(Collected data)
# # #

-- ===== src/Examples/Device.antt =====
-- Examples on the state machine, the status store and the cycle arithmetic.
use tsn_fieldbus.Base.{
  ◌↔◌, ℕ, ◌/◌, ◌≤◌, ◌≡◌, refl, arith, min, List, [], ◌∷◌, All, some, ok, err, u32_max,
}
use tsn_fieldbus.Proto.{
  DeviceState, init, discovery_sync, pre_op, safe_op, op, error, device_state_number,
  err_state_conflict, Position,
}
use tsn_fieldbus.StateMachine.{DeviceStateManager, set_target_state, run}
use tsn_fieldbus.StateMachine
use tsn_fieldbus.StateMachine.Transitions.{Edge, set_target_state_refuses}
use tsn_fieldbus.StateMachine.Runs.{run-op}
use tsn_fieldbus.DeviceStatus.{new}
use tsn_fieldbus.DeviceStatus.Runs.{Call, calls}
use tsn_fieldbus.DeviceStatus.Fields.{missed_in, longest_in, state_in, calls-new}
use tsn_fieldbus.L2.Cycle.{ProcessImageAccess}
use tsn_fieldbus.L2.Gcd.{gcd_all}
use tsn_fieldbus.L2.Gcd.Divides.{Divides, gcd_all_iff}
use tsn_fieldbus.L2.Metrics.{default, values, record_all}
use tsn_fieldbus.L2.Metrics.Laws.{values-record_all}
use mathlib.Core.List.{Sublistᴰ}

abbrev requests : List DeviceState
requests = op ∷ discovery_sync ∷ pre_op ∷ error ∷ init ∷ discovery_sync ∷ pre_op ∷ safe_op ∷ op ∷ []

reaches_op : (run StateMachine.new requests).state ≡ op
unfolding run set_target_state StateMachine.new
reaches_op = refl

run-op_example : Sublistᴰ (discovery_sync ∷ pre_op ∷ safe_op ∷ op ∷ []) requests
run-op_example = run-op requests reaches_op

no-Edge : ¬ Edge init op
no-Edge e = elim e [ ]

set_target_state_refuses_example :
    set_target_state (record { state = init }) op
    ≡ (record { state = init }, err err_state_conflict)
set_target_state_refuses_example = set_target_state_refuses (record { state = init }) op no-Edge

abbrev status_calls : List Call
status_calls =
    Call.state pre_op 5
    ∷ Call.missed 3 6
    ∷ Call.min_cycle 900 7
    ∷ Call.max_cycle 1100 8
    ∷ Call.missed 4 9
    ∷ Call.beat
    ∷ []

calls-new_example :
    let status = (calls (new 1) status_calls).current in
    (status.missed_cycles ≡ min (missed_in status_calls) u32_max)
    × (status.max_cycle_time ≡ longest_in status_calls)
    × (status.state ≡ state_in (device_state_number init) status_calls)
    × (status.min_cycle_time ≡ 0)
calls-new_example = calls-new 1 status_calls

-- A process image that keeps what was written last.
abbrev last_write : ProcessImageAccess (List ℕ)
last_write = record { read_outputs = λ hw p. ok hw; write_inputs = λ hw bytes p. (bytes, ok tt) }

abbrev content : Position
content = record { byte_offset = 0; bit_offset = 0; bit_len = 12 }

gcd_all_iff_example :
    Divides 4 (gcd_all (12 ∷ 18 ∷ [])) ↔ (Divides 4 12 × (Divides 4 18 × Unit {0}))
gcd_all_iff_example = gcd_all_iff 4 (12 ∷ 18 ∷ [])

values-record_all_example :
    (lo : ℕ) × (hi : ℕ) × (values (record_all default (4 ∷ 10 ∷ 7 ∷ [])) ≡ some (lo, hi, 21 / 3))
    × All (λ y. lo ≤ y) (4 ∷ 10 ∷ 7 ∷ [])
    × All (λ y. y ≤ hi) (4 ∷ 10 ∷ 7 ∷ [])
    × (lo ≤ 21 / 3)
    × (21 / 3 ≤ hi)
values-record_all_example =
    values-record_all 4 (10 ∷ 7 ∷ []) (omega arith, (omega arith, (omega arith, tt))) (omega arith)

# # #

▶ **EXERCISE AIM**: Reproduce the entries exactly, each one as given.

▶ **FINISHED TASK**:
-- ===== src/Examples/Device.antt =====
-- Examples on the state machine, the status store and the cycle arithmetic.
use tsn_fieldbus.Base.{
  ◌↔◌, ℕ, ◌/◌, ◌≤◌, ◌≡◌, refl, arith, min, List, [], ◌∷◌, All, some, ok, err, u32_max,
}
use tsn_fieldbus.Proto.{
  DeviceState, init, discovery_sync, pre_op, safe_op, op, error, device_state_number,
  err_state_conflict, Position,
}
use tsn_fieldbus.StateMachine.{DeviceStateManager, set_target_state, run}
use tsn_fieldbus.StateMachine
use tsn_fieldbus.StateMachine.Transitions.{Edge, set_target_state_refuses}
use tsn_fieldbus.StateMachine.Runs.{run-op}
use tsn_fieldbus.DeviceStatus.{new}
use tsn_fieldbus.DeviceStatus.Runs.{Call, calls}
use tsn_fieldbus.DeviceStatus.Fields.{missed_in, longest_in, state_in, calls-new}
use tsn_fieldbus.L2.Cycle.{ProcessImageAccess}
use tsn_fieldbus.L2.Gcd.{gcd_all}
use tsn_fieldbus.L2.Gcd.Divides.{Divides, gcd_all_iff}
use tsn_fieldbus.L2.Metrics.{default, values, record_all}
use tsn_fieldbus.L2.Metrics.Laws.{values-record_all}
use mathlib.Core.List.{Sublistᴰ}

abbrev requests : List DeviceState
requests = op ∷ discovery_sync ∷ pre_op ∷ error ∷ init ∷ discovery_sync ∷ pre_op ∷ safe_op ∷ op ∷ []

reaches_op : (run StateMachine.new requests).state ≡ op
unfolding run set_target_state StateMachine.new
reaches_op = refl

run-op_example : Sublistᴰ (discovery_sync ∷ pre_op ∷ safe_op ∷ op ∷ []) requests
run-op_example = run-op requests reaches_op

no-Edge : ¬ Edge init op
no-Edge e = elim e [ ]

set_target_state_refuses_example :
    set_target_state (record { state = init }) op
    ≡ (record { state = init }, err err_state_conflict)
set_target_state_refuses_example = set_target_state_refuses (record { state = init }) op no-Edge

abbrev status_calls : List Call
status_calls =
    Call.state pre_op 5
    ∷ Call.missed 3 6
    ∷ Call.min_cycle 900 7
    ∷ Call.max_cycle 1100 8
    ∷ Call.missed 4 9
    ∷ Call.beat
    ∷ []

calls-new_example :
    let status = (calls (new 1) status_calls).current in
    (status.missed_cycles ≡ min (missed_in status_calls) u32_max)
    × (status.max_cycle_time ≡ longest_in status_calls)
    × (status.state ≡ state_in (device_state_number init) status_calls)
    × (status.min_cycle_time ≡ 0)
calls-new_example = calls-new 1 status_calls

-- A process image that keeps what was written last.
abbrev last_write : ProcessImageAccess (List ℕ)
last_write = record { read_outputs = λ hw p. ok hw; write_inputs = λ hw bytes p. (bytes, ok tt) }

abbrev content : Position
content = record { byte_offset = 0; bit_offset = 0; bit_len = 12 }

gcd_all_iff_example :
    Divides 4 (gcd_all (12 ∷ 18 ∷ [])) ↔ (Divides 4 12 × (Divides 4 18 × Unit {0}))
gcd_all_iff_example = gcd_all_iff 4 (12 ∷ 18 ∷ [])

values-record_all_example :
    (lo : ℕ) × (hi : ℕ) × (values (record_all default (4 ∷ 10 ∷ 7 ∷ [])) ≡ some (lo, hi, 21 / 3))
    × All (λ y. lo ≤ y) (4 ∷ 10 ∷ 7 ∷ [])
    × All (λ y. y ≤ hi) (4 ∷ 10 ∷ 7 ∷ [])
    × (lo ≤ 21 / 3)
    × (21 / 3 ≤ hi)
values-record_all_example =
    values-record_all 4 (10 ∷ 7 ∷ []) (omega arith, (omega arith, (omega arith, tt))) (omega arith)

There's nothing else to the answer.